Supplied material Block Start

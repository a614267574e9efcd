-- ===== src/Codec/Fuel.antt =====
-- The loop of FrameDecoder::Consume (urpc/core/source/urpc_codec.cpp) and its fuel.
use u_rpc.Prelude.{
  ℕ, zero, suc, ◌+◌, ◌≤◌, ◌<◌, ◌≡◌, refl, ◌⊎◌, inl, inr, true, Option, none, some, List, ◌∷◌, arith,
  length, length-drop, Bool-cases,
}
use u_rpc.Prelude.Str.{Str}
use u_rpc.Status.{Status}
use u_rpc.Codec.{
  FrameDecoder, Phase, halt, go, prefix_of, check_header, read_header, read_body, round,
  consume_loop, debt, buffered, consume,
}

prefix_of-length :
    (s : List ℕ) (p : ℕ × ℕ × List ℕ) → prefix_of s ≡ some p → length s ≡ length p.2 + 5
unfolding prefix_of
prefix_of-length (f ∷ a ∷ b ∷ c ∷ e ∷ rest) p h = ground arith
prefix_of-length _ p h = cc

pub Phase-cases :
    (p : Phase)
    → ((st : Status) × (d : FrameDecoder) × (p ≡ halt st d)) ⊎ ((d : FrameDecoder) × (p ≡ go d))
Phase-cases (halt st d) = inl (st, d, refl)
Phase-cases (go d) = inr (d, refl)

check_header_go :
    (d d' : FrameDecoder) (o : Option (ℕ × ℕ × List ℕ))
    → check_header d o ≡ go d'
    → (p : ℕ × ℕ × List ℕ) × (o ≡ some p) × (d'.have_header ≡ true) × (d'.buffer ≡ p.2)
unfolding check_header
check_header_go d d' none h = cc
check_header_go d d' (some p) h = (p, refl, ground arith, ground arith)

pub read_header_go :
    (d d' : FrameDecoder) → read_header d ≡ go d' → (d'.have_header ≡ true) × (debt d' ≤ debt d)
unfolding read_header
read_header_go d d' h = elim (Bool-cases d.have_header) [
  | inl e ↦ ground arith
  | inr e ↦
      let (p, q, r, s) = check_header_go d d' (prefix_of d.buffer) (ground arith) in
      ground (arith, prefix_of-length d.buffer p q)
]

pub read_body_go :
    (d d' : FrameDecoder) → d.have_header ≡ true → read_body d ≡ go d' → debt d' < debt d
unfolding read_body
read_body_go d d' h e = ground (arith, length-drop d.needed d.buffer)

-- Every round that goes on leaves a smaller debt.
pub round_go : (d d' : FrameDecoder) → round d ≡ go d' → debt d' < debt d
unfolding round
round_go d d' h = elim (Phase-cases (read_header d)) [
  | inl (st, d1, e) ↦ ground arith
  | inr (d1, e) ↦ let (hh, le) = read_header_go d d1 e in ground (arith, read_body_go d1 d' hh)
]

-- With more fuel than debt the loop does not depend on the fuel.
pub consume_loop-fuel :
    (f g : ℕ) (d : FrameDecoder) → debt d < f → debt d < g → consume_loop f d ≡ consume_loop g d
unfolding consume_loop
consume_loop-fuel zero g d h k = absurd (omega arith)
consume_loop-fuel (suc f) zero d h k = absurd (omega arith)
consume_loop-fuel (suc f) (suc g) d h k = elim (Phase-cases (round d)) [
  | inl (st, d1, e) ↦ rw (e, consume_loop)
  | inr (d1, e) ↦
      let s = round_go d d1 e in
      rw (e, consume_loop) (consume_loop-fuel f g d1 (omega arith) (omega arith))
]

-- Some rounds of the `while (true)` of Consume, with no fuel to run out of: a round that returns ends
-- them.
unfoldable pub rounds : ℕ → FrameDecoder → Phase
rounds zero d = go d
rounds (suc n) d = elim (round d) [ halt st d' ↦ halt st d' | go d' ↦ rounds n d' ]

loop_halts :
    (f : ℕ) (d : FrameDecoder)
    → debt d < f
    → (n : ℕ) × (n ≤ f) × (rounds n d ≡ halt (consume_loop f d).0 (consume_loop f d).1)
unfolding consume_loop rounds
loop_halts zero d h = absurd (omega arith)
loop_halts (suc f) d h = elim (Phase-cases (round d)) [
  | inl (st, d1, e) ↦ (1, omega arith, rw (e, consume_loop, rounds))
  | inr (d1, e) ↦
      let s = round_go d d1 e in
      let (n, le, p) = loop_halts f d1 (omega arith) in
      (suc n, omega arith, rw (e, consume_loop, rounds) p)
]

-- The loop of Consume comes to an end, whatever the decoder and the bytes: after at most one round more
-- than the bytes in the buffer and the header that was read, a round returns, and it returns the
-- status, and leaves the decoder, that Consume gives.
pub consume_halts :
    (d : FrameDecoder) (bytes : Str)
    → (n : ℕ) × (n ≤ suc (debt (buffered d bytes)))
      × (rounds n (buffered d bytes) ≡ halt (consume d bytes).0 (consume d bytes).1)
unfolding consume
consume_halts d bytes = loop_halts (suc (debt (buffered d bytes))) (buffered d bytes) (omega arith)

Supplied material Block End

Copy the records exactly.

repository a614267574e9efcd
-- ===== src/Codec/Fuel.antt =====
-- The loop of FrameDecoder::Consume (urpc/core/source/urpc_codec.cpp) and its fuel.
use u_rpc.Prelude.{
  ℕ, zero, suc, ◌+◌, ◌≤◌, ◌<◌, ◌≡◌, refl, ◌⊎◌, inl, inr, true, Option, none, some, List, ◌∷◌, arith,
  length, length-drop, Bool-cases,
}
use u_rpc.Prelude.Str.{Str}
use u_rpc.Status.{Status}
use u_rpc.Codec.{
  FrameDecoder, Phase, halt, go, prefix_of, check_header, read_header, read_body, round,
  consume_loop, debt, buffered, consume,
}

prefix_of-length :
    (s : List ℕ) (p : ℕ × ℕ × List ℕ) → prefix_of s ≡ some p → length s ≡ length p.2 + 5
unfolding prefix_of
prefix_of-length (f ∷ a ∷ b ∷ c ∷ e ∷ rest) p h = ground arith
prefix_of-length _ p h = cc

pub Phase-cases :
    (p : Phase)
    → ((st : Status) × (d : FrameDecoder) × (p ≡ halt st d)) ⊎ ((d : FrameDecoder) × (p ≡ go d))
Phase-cases (halt st d) = inl (st, d, refl)
Phase-cases (go d) = inr (d, refl)

check_header_go :
    (d d' : FrameDecoder) (o : Option (ℕ × ℕ × List ℕ))
    → check_header d o ≡ go d'
    → (p : ℕ × ℕ × List ℕ) × (o ≡ some p) × (d'.have_header ≡ true) × (d'.buffer ≡ p.2)
unfolding check_header
check_header_go d d' none h = cc
check_header_go d d' (some p) h = (p, refl, ground arith, ground arith)

pub read_header_go :
    (d d' : FrameDecoder) → read_header d ≡ go d' → (d'.have_header ≡ true) × (debt d' ≤ debt d)
unfolding read_header
read_header_go d d' h = elim (Bool-cases d.have_header) [
  | inl e ↦ ground arith
  | inr e ↦
      let (p, q, r, s) = check_header_go d d' (prefix_of d.buffer) (ground arith) in
      ground (arith, prefix_of-length d.buffer p q)
]

pub read_body_go :
    (d d' : FrameDecoder) → d.have_header ≡ true → read_body d ≡ go d' → debt d' < debt d
unfolding read_body
read_body_go d d' h e = ground (arith, length-drop d.needed d.buffer)

-- Every round that goes on leaves a smaller debt.
pub round_go : (d d' : FrameDecoder) → round d ≡ go d' → debt d' < debt d
unfolding round
round_go d d' h = elim (Phase-cases (read_header d)) [
  | inl (st, d1, e) ↦ ground arith
  | inr (d1, e) ↦ let (hh, le) = read_header_go d d1 e in ground (arith, read_body_go d1 d' hh)
]

-- With more fuel than debt the loop does not depend on the fuel.
pub consume_loop-fuel :
    (f g : ℕ) (d : FrameDecoder) → debt d < f → debt d < g → consume_loop f d ≡ consume_loop g d
unfolding consume_loop
consume_loop-fuel zero g d h k = absurd (omega arith)
consume_loop-fuel (suc f) zero d h k = absurd (omega arith)
consume_loop-fuel (suc f) (suc g) d h k = elim (Phase-cases (round d)) [
  | inl (st, d1, e) ↦ rw (e, consume_loop)
  | inr (d1, e) ↦
      let s = round_go d d1 e in
      rw (e, consume_loop) (consume_loop-fuel f g d1 (omega arith) (omega arith))
]

-- Some rounds of the `while (true)` of Consume, with no fuel to run out of: a round that returns ends
-- them.
unfoldable pub rounds : ℕ → FrameDecoder → Phase
rounds zero d = go d
rounds (suc n) d = elim (round d) [ halt st d' ↦ halt st d' | go d' ↦ rounds n d' ]

loop_halts :
    (f : ℕ) (d : FrameDecoder)
    → debt d < f
    → (n : ℕ) × (n ≤ f) × (rounds n d ≡ halt (consume_loop f d).0 (consume_loop f d).1)
unfolding consume_loop rounds
loop_halts zero d h = absurd (omega arith)
loop_halts (suc f) d h = elim (Phase-cases (round d)) [
  | inl (st, d1, e) ↦ (1, omega arith, rw (e, consume_loop, rounds))
  | inr (d1, e) ↦
      let s = round_go d d1 e in
      let (n, le, p) = loop_halts f d1 (omega arith) in
      (suc n, omega arith, rw (e, consume_loop, rounds) p)
]

-- The loop of Consume comes to an end, whatever the decoder and the bytes: after at most one round more
-- than the bytes in the buffer and the header that was read, a round returns, and it returns the
-- status, and leaves the decoder, that Consume gives.
pub consume_halts :
    (d : FrameDecoder) (bytes : Str)
    → (n : ℕ) × (n ≤ suc (debt (buffered d bytes)))
      × (rounds n (buffered d bytes) ≡ halt (consume d bytes).0 (consume d bytes).1)
unfolding consume
consume_halts d bytes = loop_halts (suc (debt (buffered d bytes))) (buffered d bytes) (omega arith)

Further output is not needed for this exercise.